I (Tamay Besiroglu) bet the mathematician Daniel Litt that the best AI models in March of 2030 would be capable of generating math papers in Number Theory at the level of quality of papers published in Annals today (i.e. 2025). https://x.com/tamaybes/status/1899262088369106953?s=46
The AI would receive no detailed guidance relevant to the mathematics research, and is required to accomplish this task autonomously.
The AI system(s) are granted a total budget of $100k in inference compute per paper.
This bet would be resolved on the basis of Daniel Litt’s judgment.
Update 2025-03-21 (PST) (AI summary of creator comment): Novel Research Requirement Clarification:
For a YES resolution, the AI must perform novel research autonomously, not just produce a paper that could pass as research.
Update 2025-03-23 (PST): - Budget Currency: The $100k inference compute budget is expressed in nominal dollars (current currency) with no inflation adjustment. (AI summary of creator comment)
Update 2025-05-17 (PST) (AI summary of creator comment): The creator endorsed an interpretation (via a previously posted ChatGPT response to a user's question) regarding the market's resolution. This endorsement suggests:
The market generally requires demonstrating repeatable capability in generating Annals-quality math papers.
However, a single, exceptionally significant autonomous achievement by an AI (such as proving the Riemann hypothesis) before 2030 would also be considered sufficient for a YES resolution.
I think AlphaEvolve is positive news for this market.
I think one possible way of producing qualifying result is first finding (in similar fashion to AlphaEvolve) some construction that was previously considered to be likely impossible. And then writing a paper about implications of this new (not sufficient by itself, likely too mechanistic and not very insightful) construction on various things.
I am not mathematician so I am not sure if my idea makes sense. But in any case I feel like AlphaEvolve is progress towards YES.
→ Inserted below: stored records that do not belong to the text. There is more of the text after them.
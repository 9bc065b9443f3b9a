-- ===== src/Persistence/ValueCodec/RoundTrip.antt =====
-- What is written of a value is read back, in front of any further bytes.
use vertex_db.Base.{
  ℕ, zero, suc, ◌+◌, ◌<◌, ◌≤◌, ◌^◌, ◌≡◌, refl, ap, some, [], ◌++◌, length, Text, arith,
  append_assoc, Option-cases, inl, inr, length-append,
}
use vertex_db.Base.Int.{ℤ, pos, negsuc}
use vertex_db.Common.Value.{
  Value, Values, null, int, double, string, parameter, composite, nil, cons, make_composite,
}
use vertex_db.Persistence.Binary.{
  Bytes, write_pod, read_pod, read_pod-write_pod, read_bytes-append, length-write_pod,
}
use vertex_db.Persistence.ValueCodec.{
  bits_of, int_of, write_string, read_string, part_count, write_value, write_parts, read_fueled,
  read_parts, read_value,
}

abbrev pub IsInt64 : ℤ → Type 0
IsInt64 (pos n) = n < 9223372036854775808
IsInt64 (negsuc n) = n < 9223372036854775808

-- Numbers fit 64 bits, texts are not longer than that, and a composite has two parts or more.
unfoldable mutual
  pub IsStorable : Value → Type 0
  IsStorable null = Unit
  IsStorable (int i) = IsInt64 i
  IsStorable (double d) = d < 256 ^ 8
  IsStorable (string s) = length s < 256 ^ 8
  IsStorable (parameter i) = Unit
  IsStorable (composite vs) = (2 ≤ part_count vs) × (part_count vs < 256 ^ 8) × AreStorable vs

  pub AreStorable : Values → Type 0
  AreStorable nil = Unit
  AreStorable (cons v vs) = IsStorable v × AreStorable vs

-- The depth of the calls that read a value
unfoldable mutual
  weight : Value → ℕ
  weight null = 0
  weight (int i) = 0
  weight (double d) = 0
  weight (string s) = 0
  weight (parameter i) = 0
  weight (composite vs) = suc (weight_all vs)

  weight_all : Values → ℕ
  weight_all nil = 0
  weight_all (cons v vs) = suc (weight v + weight_all vs)

pub int_of-bits_of : (i : ℤ) → IsInt64 i → int_of (bits_of i) ≡ i
unfolding int_of bits_of
int_of-bits_of (pos n) h = ground arith
int_of-bits_of (negsuc n) h = ground arith

pub bits_bound : (i : ℤ) → bits_of i < 256 ^ 8
unfolding bits_of
bits_bound (pos n) = omega arith
bits_bound (negsuc n) = omega arith

make_composite_many : (vs : Values) → 2 ≤ part_count vs → make_composite vs ≡ some (composite vs)
unfolding make_composite part_count
make_composite_many nil m = ground arith
make_composite_many (cons v nil) m = ground arith
make_composite_many (cons v (cons w vs)) m = refl

module _ (rest : Bytes) where
  kind_read :
      (kind : ℕ) (body : Bytes)
      → kind < 256
      → read_pod 1 ((write_pod 1 kind ++ body) ++ rest) ≡ some (kind, body ++ rest)
  kind_read kind body h =
      rw (append_assoc (write_pod 1 kind) body rest)
        (read_pod-write_pod 1 kind (body ++ rest) (omega arith))

  null_read : (fuel : ℕ) → read_fueled (suc fuel) (write_pod 1 255 ++ rest) ≡ some (null, rest)
  unfolding read_fueled
  null_read fuel = rw (read_pod-write_pod 1 255 rest (omega arith))

  int_read :
      (fuel bits : ℕ)
      → bits < 256 ^ 8
      → read_fueled (suc fuel) ((write_pod 1 0 ++ write_pod 8 bits) ++ rest)
        ≡ some (int (int_of bits), rest)
  unfolding read_fueled
  int_read fuel bits h =
      rw (kind_read 0 (write_pod 8 bits) (omega arith), read_pod-write_pod 8 bits rest h)

  double_read :
      (fuel bits : ℕ)
      → bits < 256 ^ 8
      → read_fueled (suc fuel) ((write_pod 1 1 ++ write_pod 8 bits) ++ rest)
        ≡ some (double bits, rest)
  unfolding read_fueled
  double_read fuel bits h =
      rw (kind_read 1 (write_pod 8 bits) (omega arith), read_pod-write_pod 8 bits rest h)

  read_string-write_string :
      (s : Text) → length s < 256 ^ 8 → read_string (write_string s ++ rest) ≡ some (s, rest)
  unfolding read_string write_string
  read_string-write_string s h = rw (
    append_assoc (write_pod 8 (length s)) s rest,
    read_pod-write_pod 8 (length s) (s ++ rest) h,
    read_bytes-append s rest,
  )

  string_read :
      (fuel : ℕ) (s : Text)
      → length s < 256 ^ 8
      → read_fueled (suc fuel) ((write_pod 1 2 ++ write_string s) ++ rest) ≡ some (string s, rest)
  unfolding read_fueled
  string_read fuel s h =
      rw (kind_read 2 (write_string s) (omega arith), read_string-write_string s h)

  composite_read :
      (fuel : ℕ) (vs : Values) (parts : Bytes)
      → 2 ≤ part_count vs
      → part_count vs < 256 ^ 8
      → read_parts fuel (part_count vs) (parts ++ rest) ≡ some (vs, rest)
      → read_fueled (suc fuel) ((write_pod 1 254 ++ (write_pod 8 (part_count vs) ++ parts)) ++ rest)
        ≡ some (composite vs, rest)
  unfolding read_fueled
  composite_read fuel vs parts many h read = rw (
    kind_read 254 (write_pod 8 (part_count vs) ++ parts) (omega arith),
    append_assoc (write_pod 8 (part_count vs)) parts rest,
    read_pod-write_pod 8 (part_count vs) (parts ++ rest) h,
    read,
    make_composite_many vs many,
  )

-- What a writer that ends has written
written_composite :
    (vs : Values) (bytes : Bytes)
    → write_value (composite vs) ≡ some bytes
    → (parts : Bytes) × (write_parts vs ≡ some parts)
      × (bytes ≡ write_pod 1 254 ++ (write_pod 8 (part_count vs) ++ parts))
unfolding write_value
written_composite vs bytes h = elim (Option-cases (write_parts vs)) [
  | inl e ↦ absurd (ground arith)
  | inr (parts, e) ↦ (parts, e, ground arith)
]

written_cons :
    (v : Value) (vs : Values) (bytes : Bytes)
    → write_parts (cons v vs) ≡ some bytes
    → (first others : Bytes) × (write_value v ≡ some first)
      × (write_parts vs ≡ some others)
      × (bytes ≡ first ++ others)
unfolding write_parts
written_cons v vs bytes h = elim (Option-cases (write_value v)) [
  | inl e ↦ absurd (ground arith)
  | inr (first, e) ↦ elim (Option-cases (write_parts vs)) [
    | inl e' ↦ absurd (ground arith)
    | inr (others, e') ↦ (first, others, e, e', ground arith)
  ]
]

some_injective : (a b : Bytes) → some a ≡ some b → b ≡ a
some_injective a b h = ground arith

mutual
  unfolding write_value write_parts IsStorable AreStorable weight weight_all part_count read_parts

  read_fueled-write_value :
      (fuel : ℕ) (v : Value) (bytes rest : Bytes)
      → IsStorable v
      → write_value v ≡ some bytes
      → weight v < fuel
      → read_fueled fuel (bytes ++ rest) ≡ some (v, rest)
  read_fueled-write_value zero v bytes rest z h room = ground arith
  read_fueled-write_value (suc fuel) null bytes rest z h room =
      rw (some_injective (write_pod 1 255) bytes h, null_read rest fuel)
  read_fueled-write_value (suc fuel) (int i) bytes rest z h room = rw (
    some_injective (write_pod 1 0 ++ write_pod 8 (bits_of i)) bytes h,
    int_read rest fuel (bits_of i) (bits_bound i),
    int_of-bits_of i z,
  )
  read_fueled-write_value (suc fuel) (double d) bytes rest z h room =
      rw (some_injective (write_pod 1 1 ++ write_pod 8 d) bytes h, double_read rest fuel d z)
  read_fueled-write_value (suc fuel) (string s) bytes rest z h room =
      rw (some_injective (write_pod 1 2 ++ write_string s) bytes h, string_read rest fuel s z)
  read_fueled-write_value (suc fuel) (parameter i) bytes rest z h room = ground arith
  read_fueled-write_value (suc fuel) (composite vs) bytes rest z h room =
      let (parts, e, same) = written_composite vs bytes h in
      rw same (
        composite_read rest fuel vs parts z.0 z.1
          (read_parts-write_parts fuel vs parts rest z.2 e (omega arith)))

  read_parts-write_parts :
      (fuel : ℕ) (vs : Values) (bytes rest : Bytes)
      → AreStorable vs
      → write_parts vs ≡ some bytes
      → weight_all vs < fuel
      → read_parts fuel (part_count vs) (bytes ++ rest) ≡ some (vs, rest)
  read_parts-write_parts zero vs bytes rest z h room = ground arith
  read_parts-write_parts (suc fuel) nil bytes rest z h room = rw (some_injective [] bytes h)
  read_parts-write_parts (suc fuel) (cons v vs) bytes rest z h room =
      let (first, others, e, e', same) = written_cons v vs bytes h in
      rw (
        same,
        append_assoc first others rest,
        read_fueled-write_value fuel v first (others ++ rest) z.0 e (omega arith),
        read_parts-write_parts fuel vs others rest z.1 e' (omega arith),
      )

mutual
  unfolding write_value write_parts weight weight_all

  weight-write_value :
      (v : Value) (bytes : Bytes) → write_value v ≡ some bytes → weight v < length bytes
  weight-write_value null bytes h =
      omega (arith, ap length (some_injective (write_pod 1 255) bytes h), length-write_pod 1 255)
  weight-write_value (int i) bytes h = omega (
    arith,
    ap length (some_injective (write_pod 1 0 ++ write_pod 8 (bits_of i)) bytes h),
    length-append (write_pod 1 0) (write_pod 8 (bits_of i)),
    length-write_pod 1 0,
  )
  weight-write_value (double d) bytes h = omega (
    arith,
    ap length (some_injective (write_pod 1 1 ++ write_pod 8 d) bytes h),
    length-append (write_pod 1 1) (write_pod 8 d),
    length-write_pod 1 1,
  )
  weight-write_value (string s) bytes h = omega (
    arith,
    ap length (some_injective (write_pod 1 2 ++ write_string s) bytes h),
    length-append (write_pod 1 2) (write_string s),
    length-write_pod 1 2,
  )
  weight-write_value (parameter i) bytes h = ground arith
  weight-write_value (composite vs) bytes h =
      let (parts, e, same) = written_composite vs bytes h in
      omega (
        arith,
        ap length same,
        length-append (write_pod 1 254) (write_pod 8 (part_count vs) ++ parts),
        length-append (write_pod 8 (part_count vs)) parts,
        length-write_pod 8 (part_count vs),
        weight-write_parts vs parts e,
      )

  weight-write_parts :
      (vs : Values) (bytes : Bytes) → write_parts vs ≡ some bytes → weight_all vs ≤ length bytes
  weight-write_parts nil bytes h = omega arith
  weight-write_parts (cons v vs) bytes h =
      let (first, others, e, e', same) = written_cons v vs bytes h in
      omega (
        arith,
        ap length same,
        length-append first others,
        weight-write_value v first e,
        weight-write_parts vs others e',
      )

-- A value that was written is read back, composites of any depth included, and what follows it is
-- left, if numbers fit 64 bits, texts are not longer than that, and composites have two parts or more.
pub read_value-write_value :
    (v : Value) (bytes rest : Bytes)
    → IsStorable v
    → write_value v ≡ some bytes
    → read_value (bytes ++ rest) ≡ some (v, rest)
unfolding read_value
read_value-write_value v bytes rest z h =
    read_fueled-write_value (suc (length (bytes ++ rest))) v bytes rest z h
      (omega (arith, length-append bytes rest, weight-write_value v bytes h))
@qumeric Definitely is a progress but the approach feels fundamentally expensive. 2030 is a long way away though.
@TamayBesiroglu Is this bet about a single occurrence, i.e. does a single paper having published resolve this market YES, or does it need to repeatable (and have been shown to be repeatable)? I suppose it's the latter since you wrote 'capable of generating math papers' (plural).
@CalibratedNeutral I understand it to be about a capabilities, so repeatable. The bet is meant to be a proxy for “do the best models have absolute advantage over top mathematicians in doing math research.” That said, if an AI autonomously proves the Riemann hypothesis or something before 2030 I think you should expect the market to resolve YES.
@LocalGlobal This feels to me a bit like "Those sea lions that were trained to build motorcycles a few years back can source parts and draft designs, sure, but their welding technique is still terrible!"
Without a deeper model of what drives AI progress, the phrase "currently models cannot" is just not predictive of anything.
@LocalGlobal https://sakana.ai/ai-scientist-first-publication/ Sakana
AI recently were able to produce a paper that passed peer review for an ICLR workshop
@jgyou I agree with this. The paper should not have passed the first round of peer review. I was most impressed by the fact that it could autonomously construct such a paper, graphics and all. This is another case where the exaggerated claim serves as a good prediction of near-future capabilities.
5 years is a very long time, even if the exponential improvement we have consistently seen for the past 6 years doesn't hold the whole way through.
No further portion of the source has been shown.